I miss Adam Deadmarsh.
Deadmarsh was a rugged, 6′, 195-pound winger who never backed down from a challenge. Ever. Ultimately, his take-on-all-comers attitude led indirectly to his downfall, as a huge right hand by the 6’3″, 218-pound Ed Jovanovski during a fight early in the 2000-01 season dropped Deadmarsh, causing his first serious concussion. His second, courtesy of teammate Craig Johnson’s accidental knee, forced him to miss the remainder of the 2002-03 season, one in which he had started unbelievably hot with 13 goals in just 20 games. After two long, futile years attempting to rehabilitate, Deadmarsh finally retired on September 22, 2005.
Few skilled players displayed the balls-to-the-wall fervor the gritty Adam Deadmarsh exemplified throughout his too-short NHL career. He was an energy line player with world-class skills, a power forward in the purest and rarest sense. He fearlessly drove the net, delivering hits, messages, and timely goals. Speaking of which, although he was a reasonably consistent goal scorer, perhaps his greatest contributions revolved around an undeniable force of will. He hated to lose — period. It showed in practically everything he did, even when (albeit recklessly, as it turned out) taking on Ed Jovanovski.
How did that force of will manifest itself? Let me count the ways. Deadmarsh was a legitimate top six forward, scoring 20 or more goals five times and only missing in his other seasons due to injuries. He was a +43 during his career and was tough as nails, fighting about once every nine games. Incidentally, he was victorious more often than not. Speaking of winning, his teams made the playoffs every year but one, not just in the NHL but going all the way back to his stint with the Portland Winterhawks. In 2001, Deadmarsh scored one of the most dramatic goals in Los Angeles Kings history, batting in the rebound of a Josef Stumpel shot to eliminate the heavily-favored Detroit Red Wings in six games. He won a silver medal playing for the U.S. in the 2002 Winter Olympics, and of course, the Cup with the Colorado Avalanche in 1995-96.
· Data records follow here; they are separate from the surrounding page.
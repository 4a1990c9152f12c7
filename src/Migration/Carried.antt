-- ===== src/Migration/Carried.antt =====
-- The copy of a queue to its temporary queue and back, by scripts/migrate_queue_type.py.
use flow_first.Base.{
  ℕ, suc, ◌<◌, String, false, Option, none, some, List, ◌++◌, ◌≡◌, refl, sym, ap, subst, ◌∙◌, inl,
  inr, arith, ◌==◌, length, length-append,
}
use flow_first.Base.Dict.{get}
use flow_first.Migration.{
  Kind, Queues, Broker, give, ◌>>=◌, ◌>>◌, Declared, declared, declare, exists,
}
use flow_first.Migration.Script.{
  drain, temp_of, copy_out, copy_back, carry_over, migrate_found, migrate_one,
}
use flow_first.Migration.Hoare.{weaken-Runs}
use flow_first.Migration.Requests.{messages_of, messages_in, kind_in, Kept, Both}
use flow_first.Migration.Moves.{append-nil, Holds}
use flow_first.Migration.Drains.{Drained, counts-none, drain-Moves}
use flow_first.Migration.Declares.{
  declared-Fit, created, created-messages, created-kind, Declares, declare-Runs, Finds, exists-Runs,
}
use flow_first.Migration.Kept.{Does, bind-Does, give-Does, together, Ready, Migrated, finish-Does}

module _ (name : String) (target : Kind) (rounds : ℕ) (apart : (name == temp_of name) ≡ false) where
  -- the messages in the order in which a migration leaves them
  abbrev pub arranged : Declared → Queues → List String
  arranged (Declared.fits messages consumers) p = together name target rounds apart p
  arranged Declared.mismatch p = messages_in p (temp_of name) ++ messages_in p name

  -- what the answer to the first declaration says
  abbrev Starts : Declared → Queues → Type 0
  Starts (Declared.fits messages consumers) p = kind_in p name ≡ some target
  Starts Declared.mismatch p = Unit {0}

  out-Does :
      (state : Declared) (b : Broker)
      → Starts state b.queues
      → length (together name target rounds apart b.queues) < suc rounds
      → Does name target rounds apart
          (λ _ q. Ready name target rounds apart (arranged state b.queues) q)
          b
          (copy_out (suc rounds) name target state b)
  out-Does (Declared.fits messages consumers) b kind enough =
      give-Does name target rounds apart {A = ℕ}
        (λ _ q. Ready name target rounds apart (together name target rounds apart b.queues) q) 0 b
        (refl, inr kind)
  out-Does Declared.mismatch b kind enough =
      bind-Does name target rounds apart
        (Declares target (temp_of name) name (temp_of name) (λ j h h'. h') b.queues)
        (λ _ q. Ready name target rounds apart (arranged Declared.mismatch b.queues) q)
        (declare (temp_of name) target) (λ _. drain (suc rounds) (suc rounds) name (temp_of name) 0)
        b (declare-Runs target (temp_of name) name (temp_of name) (λ j h h'. h') b)
        (λ state c declared.
          weaken-Runs (Both name (temp_of name) apart) (Kept name (temp_of name))
            (Drained name (temp_of name) apart (arranged Declared.mismatch b.queues))
            (λ _ q. Ready name target rounds apart (arranged Declared.mismatch b.queues) q) c
            (drain (suc rounds) (suc rounds) name (temp_of name) 0 c) (λ q rel. rel.0)
            (λ a q rel left. (
              ap (λ xs. xs ++ messages_in q (temp_of name)) (ap messages_of left.0) ∙ left.1,
              inl left.0,
            ))
            (drain-Moves name (temp_of name) apart rounds (suc rounds) 0 (messages_in b.queues name)
              (messages_in b.queues (temp_of name)) c
              (subst
                (λ q.
                  Holds name (temp_of name) apart (messages_in b.queues name)
                    (messages_in b.queues (temp_of name)) q)
                declared.1
                (
                  created-messages target (temp_of name) b.queues name,
                  created-messages target (temp_of name) b.queues (temp_of name),
                ))
              (omega (
                arith,
                enough,
                length-append (messages_in b.queues name) (messages_in b.queues (temp_of name)),
              ))))

  length-arranged :
      (state : Declared) (p : Queues)
      → length (together name target rounds apart p) < suc rounds
      → length (arranged state p) < suc rounds
  length-arranged (Declared.fits messages consumers) p enough = enough
  length-arranged Declared.mismatch p enough = omega (
    arith,
    enough,
    length-append (messages_in p name) (messages_in p (temp_of name)),
    length-append (messages_in p (temp_of name)) (messages_in p name),
  )

  carry-Does :
      (state : Declared) (b : Broker)
      → Starts state b.queues
      → length (together name target rounds apart b.queues) < suc rounds
      → Does name target rounds apart
          (λ _ q. Migrated name target rounds apart (arranged state b.queues) q)
          b
          (carry_over (suc rounds) name target state b)
  carry-Does state b starts enough =
      bind-Does name target rounds apart
        (λ _ q. Ready name target rounds apart (arranged state b.queues) q)
        (λ _ q. Migrated name target rounds apart (arranged state b.queues) q)
        (copy_out (suc rounds) name target state)
        (λ moved.
          declare name target
          >> (exists (temp_of name) >>= copy_back (suc rounds) name)
          >> give moved)
        b (out-Does state b starts enough)
        (λ moved c ready.
          finish-Does name target rounds apart (arranged state b.queues) moved c ready
            (length-arranged state b.queues enough))

  carried :
      (state : Declared) (p : Queues) (c : Broker)
      → Starts state p
      → length (together name target rounds apart p) < suc rounds
      → p ≡ c.queues
      → Does name target rounds apart
          (λ _ q. Migrated name target rounds apart (arranged state p) q)
          c
          (carry_over (suc rounds) name target state c)
  carried state p c starts enough same =
      subst
        (λ xs.
          Does name target rounds apart (λ _ q. Migrated name target rounds apart xs q) c
            (carry_over (suc rounds) name target state c))
        (ap (arranged state) (sym same))
        (carry-Does state c (subst (Starts state) same starts)
          (subst (λ q. length (together name target rounds apart q) < suc rounds) same enough))

  migrate_found-Does :
      (state : Declared) (found : Option (ℕ × ℕ)) (p : Queues) (c : Broker)
      → Starts state p
      → length (together name target rounds apart p) < suc rounds
      → Finds name (temp_of name) (temp_of name) p found c.queues
      → Does name target rounds apart
          (λ _ q. Migrated name target rounds apart (arranged state p) q)
          c
          (migrate_found (suc rounds) name target false state found c)
  migrate_found-Does (Declared.fits messages consumers) none p c kind enough (found, same) =
      give-Does name target rounds apart {A = ℕ}
        (λ _ q. Migrated name target rounds apart (together name target rounds apart p) q) 0 c
        (subst (Migrated name target rounds apart (together name target rounds apart p)) same (
          counts-none (get p (temp_of name)) found,
          sym (append-nil (messages_in p name))
              ∙ ap (λ xs. messages_in p name ++ xs)
                  (sym (ap messages_of (counts-none (get p (temp_of name)) found))),
          kind,
        ))
  migrate_found-Does (Declared.fits messages consumers) (some n) p c kind enough (found, same) =
      carried (Declared.fits messages consumers) p c kind enough same
  migrate_found-Does Declared.mismatch found p c starts enough (seen, same) =
      carried Declared.mismatch p c starts enough same

  created-Starts :
      (state : Declared) (p : Queues)
      → declared target (get p name) ≡ state
      → Starts state (created target name p)
  created-Starts (Declared.fits messages consumers) p e =
      created-kind target name p (declared-Fit target (get p name) messages consumers e)
  created-Starts Declared.mismatch p e = tt

  together-created :
      (p : Queues)
      → together name target rounds apart (created target name p)
        ≡ together name target rounds apart p
  together-created p =
      ap (λ xs. xs ++ messages_in (created target name p) (temp_of name))
        (created-messages target name p name)
      ∙ ap (λ xs. messages_in p name ++ xs) (created-messages target name p (temp_of name))

  arranged-created :
      (state : Declared) (p : Queues) → arranged state (created target name p) ≡ arranged state p
  arranged-created (Declared.fits messages consumers) p = together-created p
  arranged-created Declared.mismatch p =
      ap (λ xs. xs ++ messages_in (created target name p) name)
        (created-messages target name p (temp_of name))
      ∙ ap (λ xs. messages_in p (temp_of name) ++ xs) (created-messages target name p name)

  pub one-Does :
      (b : Broker)
      → length (together name target rounds apart b.queues) < suc rounds
      → Does name target rounds apart
          (λ _ q.
            Migrated name target rounds apart
              (arranged (declared target (get b.queues name)) b.queues)
              q)
          b
          (migrate_one (suc rounds) name target false b)
  unfolding migrate_one
  one-Does b enough =
      bind-Does name target rounds apart
        (Declares target name name (temp_of name) (λ j h h'. h) b.queues)
        (λ _ q.
          Migrated name target rounds apart
            (arranged (declared target (get b.queues name)) b.queues) q)
        (declare name target)
        (λ state. exists (temp_of name) >>= migrate_found (suc rounds) name target false state) b
        (declare-Runs target name name (temp_of name) (λ j h h'. h) b)
        (λ state c stated.
          bind-Does name target rounds apart (Finds name (temp_of name) (temp_of name) c.queues)
            (λ _ q.
              Migrated name target rounds apart
                (arranged (declared target (get b.queues name)) b.queues) q)
            (exists (temp_of name)) (migrate_found (suc rounds) name target false state) c
            (exists-Runs name (temp_of name) (temp_of name) c)
            (λ found d seen.
              subst
                (λ xs.
                  Does name target rounds apart (λ _ q. Migrated name target rounds apart xs q) d
                    (migrate_found (suc rounds) name target false state found d))
                (ap (arranged state) (sym stated.1)
                  ∙ arranged-created state b.queues
                  ∙ ap (λ s. arranged s b.queues) (sym stated.0))
                (migrate_found-Does state found c.queues d
                  (subst (Starts state) stated.1 (created-Starts state b.queues stated.0))
                  (subst (λ q. length (together name target rounds apart q) < suc rounds) stated.1
                    (rw (together-created b.queues) enough))
                  seen)))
Despite playing less than two full seasons with Los Angeles, Deadmarsh remains at the top of my all-time favorite Kings list. His overtime goal against the Wings was one for the ages, so much so that even veteran team play-by-play announcer Bob Miller’s voice cracked like that squeaky-voiced teenager on The Simpsons. First, the kid:
Now, the game-winning goal in the Los Angeles/Detroit first-round series mentioned above. Bob Miller has called Kings’ games since 1973, but rarely if ever did he display as much emotion as in this clip:
Notice the similarities?
In all seriousness, Deadmarsh lived on energy and focused intensity. How many hockey players float or take shifts off, some squandering even greater skill sets than #28? Not Deadmarsh. When he was on the ice, you knew he was going to give it everything he had. He didn’t need an “A” or a “C” on his sweater to prove anything. He led by actions, words and deeds, so much so that even his NHL contemporaries took notice. Gary Roberts once said, “I love the way Adam Deadmarsh competes. He’s fun to watch.” Barret Jackman said, “I always looked up to Adam.” Scott Stevens issued high praise with the comment, “He’s a good player and one tough kid.” Jason Allison labeled him “a great leader” and Aaron Miller called him “the heart-and-soul of this team.”
Alas, due to an inability to shake the only opponent that he couldn’t overcome — his own health — Deadmarsh retired far too early, ending his playing days when he was just 27 years old. Eventually accepting the inevitable, he officially retired three years later. Sadly, as indicated here, concussion-related symptoms continue to effect him, even today. Upon his stepping down as an assistant coach for the Colorado Avalanche this past year, his wife Christa sent the following message:
Adam was hurt (concussion issues) this season and decided that health/family and safety are his priority … Adam enjoyed coaching, but this was the right decision … We are back in Idaho and will love being close to our family again:) Hello Idaho friends … we are home:)
It was unquestionably the right decision, but his being forced to leave the NHL diminishes the game yet again. A fitting tribute to Adam Deadmarsh’s career can be seen in this 2:42 clip, which captures just about everything you need to know about the player and the man who patrolled the ice for 567 regular-season games and another 105 post-season encounters:
Good luck, Adam. The game just hasn’t been the same without you.